Records excerpted from a collection:
▽

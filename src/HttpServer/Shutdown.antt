-- ===== src/HttpServer/Shutdown.antt =====
-- The sections of the server (http_server.cpp), interleaved in any order: acceptors, sessions that
-- close, stop requests, the owner in `Wait` and the handlers on the I/O context.
use aegis_desk.Prelude.{
  ℕ, suc, ◌+◌, ◌≡◌, ◌≤◌, ◌<◌, refl, Bool, true, List, [], ◌∷◌, ◌&&◌, not, is_empty, length, arith,
}
use aegis_desk.HttpServer.{
  Serving, serving, register_session, erase_session, remove_session, after_removal, request_stop,
  schedule_stop, store_drained, post_completion, try_complete_stop, worker_failed,
}

pub data Step : Serving → Serving → Type 0 where
  accepts : {s : Serving} (session : ℕ) → Step s (register_session session s).0
  closes : {s : Serving} (session : ℕ) → Step s (remove_session session s)
  -- A thread that has erased the last session goes on.
  looks :
      {s : Serving} {n : ℕ} (posted : Bool)
      → s.removing_last ≡ suc n
      → Step s (after_removal posted (record s { removing_last = n }))
  requests_stop : {s : Serving} → Step s (request_stop s)
  schedules :
      {s : Serving} {n : ℕ} (posted : Bool)
      → s.scheduling_stop ≡ suc n
      → Step s (schedule_stop posted (record s { scheduling_stop = n }))
  -- `StopOnIoContext` ends with `TryCompleteStopOnIoContext`.
  stops :
      {s : Serving} {n : ℕ}
      → s.posted_stops ≡ suc n
      → Step s (record s { posted_stops = n; posted_completions = suc s.posted_completions })
  drains : {s : Serving} → Step s (store_drained s)
  posts :
      {s : Serving} {n : ℕ} (posted : Bool)
      → s.waiting ≡ suc n
      → Step s (post_completion posted (record s { waiting = n }))
  completes :
      {s : Serving} {n : ℕ}
      → s.posted_completions ≡ suc n
      → Step s (try_complete_stop (record s { posted_completions = n }))
  fails : {s : Serving} → Step s (worker_failed s)
  stops_context :
      {s : Serving} {n : ℕ}
      → s.failing ≡ suc n
      → Step s (record s { failing = n; io_context_stopped = true })

pub data Reach (s : Serving) : Serving → Type 0 where
  here : Reach s s
  next : {t u : Serving} → Reach s t → Step t u → Reach s u

-- The handlers and threads that are still to go on with the stop.
abbrev pub pending : Serving → ℕ
pending s =
    s.scheduling_stop + s.posted_stops + s.posted_completions + s.removing_last + s.waiting
    + s.failing

-- The stop can complete, and has not.
abbrev pub is_due : Serving → Bool
is_due s =
    s.stop_requested
    && s.handler_executor_drained
    && is_empty s.sessions
    && not s.stop_completion_started
    && not s.io_context_stopped

record Inv (n : ℕ) (s : Serving) : Type 0 where
  stopping_was_requested : s.is_stopping ≡ true → s.stop_requested ≡ true
  due_is_pending : is_due s ≡ true → 0 < pending s
  same_limit : s.max_connections ≡ n
  few_sessions : length s.sessions ≤ n

length-erase_session : (session : ℕ) (xs : List ℕ) → length (erase_session session xs) ≤ length xs
unfolding erase_session
length-erase_session session [] = omega arith
length-erase_session session (x ∷ xs) = ground (arith, length-erase_session session xs)

Step-Inv : {n : ℕ} {s t : Serving} → Inv n s → Step s t → Inv n t
unfolding register_session remove_session after_removal request_stop schedule_stop store_drained
    post_completion try_complete_stop worker_failed
Step-Inv {s} h (Step.accepts session) = record {
  stopping_was_requested = ground (arith, h.stopping_was_requested);
  due_is_pending = ground (arith, h.due_is_pending, h.stopping_was_requested);
  same_limit = ground (arith, h.same_limit);
  few_sessions = ground (arith, h.same_limit, h.few_sessions);
}
Step-Inv {s} h (Step.closes session) = record {
  stopping_was_requested = ground (arith, h.stopping_was_requested);
  due_is_pending = ground (arith, h.due_is_pending, h.stopping_was_requested);
  same_limit = ground (arith, h.same_limit);
  few_sessions =
      ground (arith, h.same_limit, h.few_sessions, length-erase_session session s.sessions);
}
Step-Inv {s} h (Step.looks posted e) = record {
  stopping_was_requested = ground (arith, h.stopping_was_requested);
  due_is_pending = ground (arith, h.due_is_pending, h.stopping_was_requested);
  same_limit = ground (arith, h.same_limit);
  few_sessions = ground (arith, h.same_limit, h.few_sessions);
}
Step-Inv {s} h Step.requests_stop = record {
  stopping_was_requested = ground (arith, h.stopping_was_requested);
  due_is_pending = ground (arith, h.due_is_pending, h.stopping_was_requested);
  same_limit = ground (arith, h.same_limit);
  few_sessions = ground (arith, h.same_limit, h.few_sessions);
}
Step-Inv {s} h (Step.schedules posted e) = record {
  stopping_was_requested = ground (arith, h.stopping_was_requested);
  due_is_pending = ground (arith, h.due_is_pending, h.stopping_was_requested);
  same_limit = ground (arith, h.same_limit);
  few_sessions = ground (arith, h.same_limit, h.few_sessions);
}
Step-Inv {s} h (Step.stops e) = record {
  stopping_was_requested = ground (arith, h.stopping_was_requested);
  due_is_pending = ground (arith, h.due_is_pending, h.stopping_was_requested);
  same_limit = ground (arith, h.same_limit);
  few_sessions = ground (arith, h.same_limit, h.few_sessions);
}
Step-Inv {s} h Step.drains = record {
  stopping_was_requested = ground (arith, h.stopping_was_requested);
  due_is_pending = ground (arith, h.due_is_pending, h.stopping_was_requested);
  same_limit = ground (arith, h.same_limit);
  few_sessions = ground (arith, h.same_limit, h.few_sessions);
}
Step-Inv {s} h (Step.posts posted e) = record {
  stopping_was_requested = ground (arith, h.stopping_was_requested);
  due_is_pending = ground (arith, h.due_is_pending, h.stopping_was_requested);
  same_limit = ground (arith, h.same_limit);
  few_sessions = ground (arith, h.same_limit, h.few_sessions);
}
Step-Inv {s} h (Step.completes e) = record {
  stopping_was_requested = ground (arith, h.stopping_was_requested);
  due_is_pending = ground (arith, h.due_is_pending, h.stopping_was_requested);
  same_limit = ground (arith, h.same_limit);
  few_sessions = ground (arith, h.same_limit, h.few_sessions);
}
Step-Inv {s} h Step.fails = record {
  stopping_was_requested = ground (arith, h.stopping_was_requested);
  due_is_pending = ground (arith, h.due_is_pending, h.stopping_was_requested);
  same_limit = ground (arith, h.same_limit);
  few_sessions = ground (arith, h.same_limit, h.few_sessions);
}
Step-Inv {s} h (Step.stops_context e) = record {
  stopping_was_requested = ground (arith, h.stopping_was_requested);
  due_is_pending = ground (arith, h.due_is_pending, h.stopping_was_requested);
  same_limit = ground (arith, h.same_limit);
  few_sessions = ground (arith, h.same_limit, h.few_sessions);
}

Reach-Inv : {n : ℕ} {s : Serving} → Reach (serving n) s → Inv n s
Reach-Inv Reach.here = record {
  stopping_was_requested = ground arith;
  due_is_pending = ground arith;
  same_limit = refl;
  few_sessions = omega arith;
}
Reach-Inv (Reach.next r step) = Step-Inv (Reach-Inv r) step

-- In every state that the interleaved sections of a server reach from one that has just started:
-- where a stop is requested, the executor is stored as drained and no session is left, and neither
-- the completion of the stop has started nor the I/O context is stopped, some thread or posted
-- handler is still to go on with the stop.
pub is_due-pending : {n : ℕ} {s : Serving} → Reach (serving n) s → is_due s ≡ true → 0 < pending s
is_due-pending r due = (Reach-Inv r).due_is_pending due

-- In every state that the interleaved sections of a server reach from one that has just started, no
-- more sessions are registered than the options allow connections.
length-register_session : {n : ℕ} {s : Serving} → Reach (serving n) s → length s.sessions ≤ n
length-register_session r = (Reach-Inv r).few_sessions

△

- **WHAT THE TASK REQUIRES**: Gather up, from the records above, each line where the word "antt" appears.

- **EXERCISE OUTPUT**:
filename src/HttpServer/Shutdown.antt
-- ===== src/HttpServer/Shutdown.antt =====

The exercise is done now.